The bill would aid New Jersey, specifically, in a number of ways, he said in a recent release. In all, $17 billion would be allocated for Community Development Block Grants, which would help rebuilding homes, buildings and public infrastructure not covered by FEMA. An additional $12 billion would be used to rebuild and improve transportation infrastructure and $5.3 billion would be put towards flood mitigation as part of a Coastal Recovery and Flood Control plan.  

“This is a comprehensive disaster relief bill that will help New Jersey and other states recover and rebuild smarter and stronger after Superstorm Sandy.  This bill provides funding for proven federal programs that will help rebuild and strengthen New Jersey's shore, transportation network, and support residents and small businesses that need help,” Lautenberg said in a release.

Support for aid and legislation as a result of Sandy has, in many cases, been bipartisan, another aspect of post-Sandy politics that’s causing some consternation for Lonegan.
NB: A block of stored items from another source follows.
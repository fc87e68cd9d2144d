-- ===== src/Decimal/RoundTrip.antt =====
-- Printing and reading a decimal number.
use fq_client_go.Common.{
  ℕ, zero, suc, ◌+◌, ◌-◌, ◌*◌, ◌/◌, ◌%◌, ◌^◌, ◌≤◌, ◌<◌, some, [], ◌∷◌, ◌++◌, Bytes, ltb, ◌≡◌, ◌≢◌,
  refl, arith, Lacks, All, All-append, Bool-cases, inl, inr, ap, ◌∙◌, lt→ltb,
}
use fq_client_go.Decimal.{digits, format_uint, scan_digits, fit, parse_uint}

abbrev pub IsDigit : ℕ → Type 0
IsDigit c = (b'0' ≤ c) × (c ≤ b'9')

digits-All-IsDigit : (f n : ℕ) → All IsDigit (digits f n)
unfolding digits
digits-All-IsDigit zero n = tt
digits-All-IsDigit (suc f) n = elim (Bool-cases (ltb n 10)) [
  | inl e ↦ rw e (ground arith)
  | inr e ↦ rw e (
      All-append IsDigit (digits f (n / 10)) ((b'0' + n % 10) ∷ []) (digits-All-IsDigit f (n / 10))
        (omega arith))
]

pub format_uint-All-IsDigit : (n : ℕ) → All IsDigit (format_uint n)
unfolding format_uint
format_uint-All-IsDigit n = digits-All-IsDigit (suc n) n

-- A printed number holds no byte that is not a digit.
pub IsDigit-Lacks : (b : ℕ) (s : Bytes) → ¬ IsDigit b → All IsDigit s → Lacks b s
IsDigit-Lacks b [] n h = tt
IsDigit-Lacks b (c ∷ s) n h = (λ e. n (rw e at h.0), IsDigit-Lacks b s n h.1)

scan_digits-append :
    (s : Bytes) (a m c : ℕ)
    → scan_digits a s ≡ some m
    → IsDigit c
    → scan_digits a (s ++ c ∷ []) ≡ some (m * 10 + (c - b'0'))
unfolding scan_digits
scan_digits-append [] a m c e h = ground arith
scan_digits-append (d ∷ s) a m c e h =
    ground (arith, scan_digits-append s (a * 10 + (d - b'0')) m c)

append_one-ne-nil : (s : Bytes) (c : ℕ) → s ++ c ∷ [] ≢ []
append_one-ne-nil [] c = λ e. cc
append_one-ne-nil (d ∷ s) c = λ e. cc

scan_digits-digits : (f n : ℕ) → n < f → scan_digits 0 (digits f n) ≡ some n
unfolding digits
scan_digits-digits zero n h = absurd (omega arith)
scan_digits-digits (suc f) n h = elim (Bool-cases (ltb n 10)) [
  | inl e ↦ rw e (unfold scan_digits in ground arith)
  | inr e ↦ rw e (
      scan_digits-append (digits f (n / 10)) 0 (n / 10) (b'0' + n % 10)
        (scan_digits-digits f (n / 10) (ground arith)) (omega arith)
      ∙ ap some (omega arith))
]

digits-ne-nil : (f n : ℕ) → n < f → digits f n ≢ []
unfolding digits
digits-ne-nil zero n h = absurd (omega arith)
digits-ne-nil (suc f) n h = elim (Bool-cases (ltb n 10)) [
  | inl e ↦ rw e (λ d. cc)
  | inr e ↦ rw e (append_one-ne-nil (digits f (n / 10)) (b'0' + n % 10))
]

pub format_uint-ne-nil : (n : ℕ) → format_uint n ≢ []
unfolding format_uint
format_uint-ne-nil n = digits-ne-nil (suc n) n (omega arith)

pub parse_uint-scan :
    (bits : ℕ) (s : Bytes) → s ≢ [] → parse_uint bits s ≡ fit bits (scan_digits 0 s)
unfolding parse_uint
parse_uint-scan bits [] h = absurd (h refl)
parse_uint-scan bits (c ∷ s) h = refl

fit-lt : (bits n : ℕ) → n < 2 ^ bits → fit bits (some n) ≡ some n
unfolding fit
fit-lt bits n h = rw (lt→ltb n (2 ^ bits) h)

-- Every number of the width is read back from its print.
pub parse_uint-format_uint : (bits n : ℕ) → n < 2 ^ bits → parse_uint bits (format_uint n) ≡ some n
unfolding format_uint
parse_uint-format_uint bits n h =
    rw (parse_uint-scan bits _ (format_uint-ne-nil n), scan_digits-digits (suc n) n (omega arith))
      (fit-lt bits n h)

-- The print is injective.
pub format_uint-injective : (m n : ℕ) → format_uint m ≡ format_uint n → m ≡ n
unfolding format_uint
format_uint-injective m n e =
    cc (scan_digits-digits (suc m) m (omega arith), scan_digits-digits (suc n) n (omega arith))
The de facto leader of the state’s Tea Party movement – Americans for Prosperity has organized Tea Party rallies and backed Tea Party candidates – Lonegan has remained a dogged fiscal conservative since taking up the mantel of AFP state director.

His call to congress to refuse Sandy aid hasn’t been shared by many, publicly at least. Bayshore Tea Party founder Barbara Gonzalez did not object entirely to Sandy aid but said in an email that her concern, like Lonegan’s, is where the money will go and what it will be used for.

Gonzalez, whose home received flood damage during Sandy, also acknowledged that taxes would likely have to go up in order to pay for the aid package, an idea she would be more comfortable with if it weren’t for already high tax rates, she sad.

“(O)ur taxes are going to go up to pay for the damage,” she wrote in an email. “Now, I understand that the damage was very extensive and it has to be paid for, but for Gods [sic] sake, our taxes are already outrageous.”

Lonegan said things need to slow down on the funding front. Developing an aid package that works is possible, he said, though he declined to say how much would be appropriate, though it requires much, much more scrutiny. It’s a job our government just isn’t capable of, especially with Democrats and Republicans working in concert, he said.

“(Spending) is out of control,” he said. “Whenever you see Democrats and Republicans put their arms around one another, hold on to your wallet.”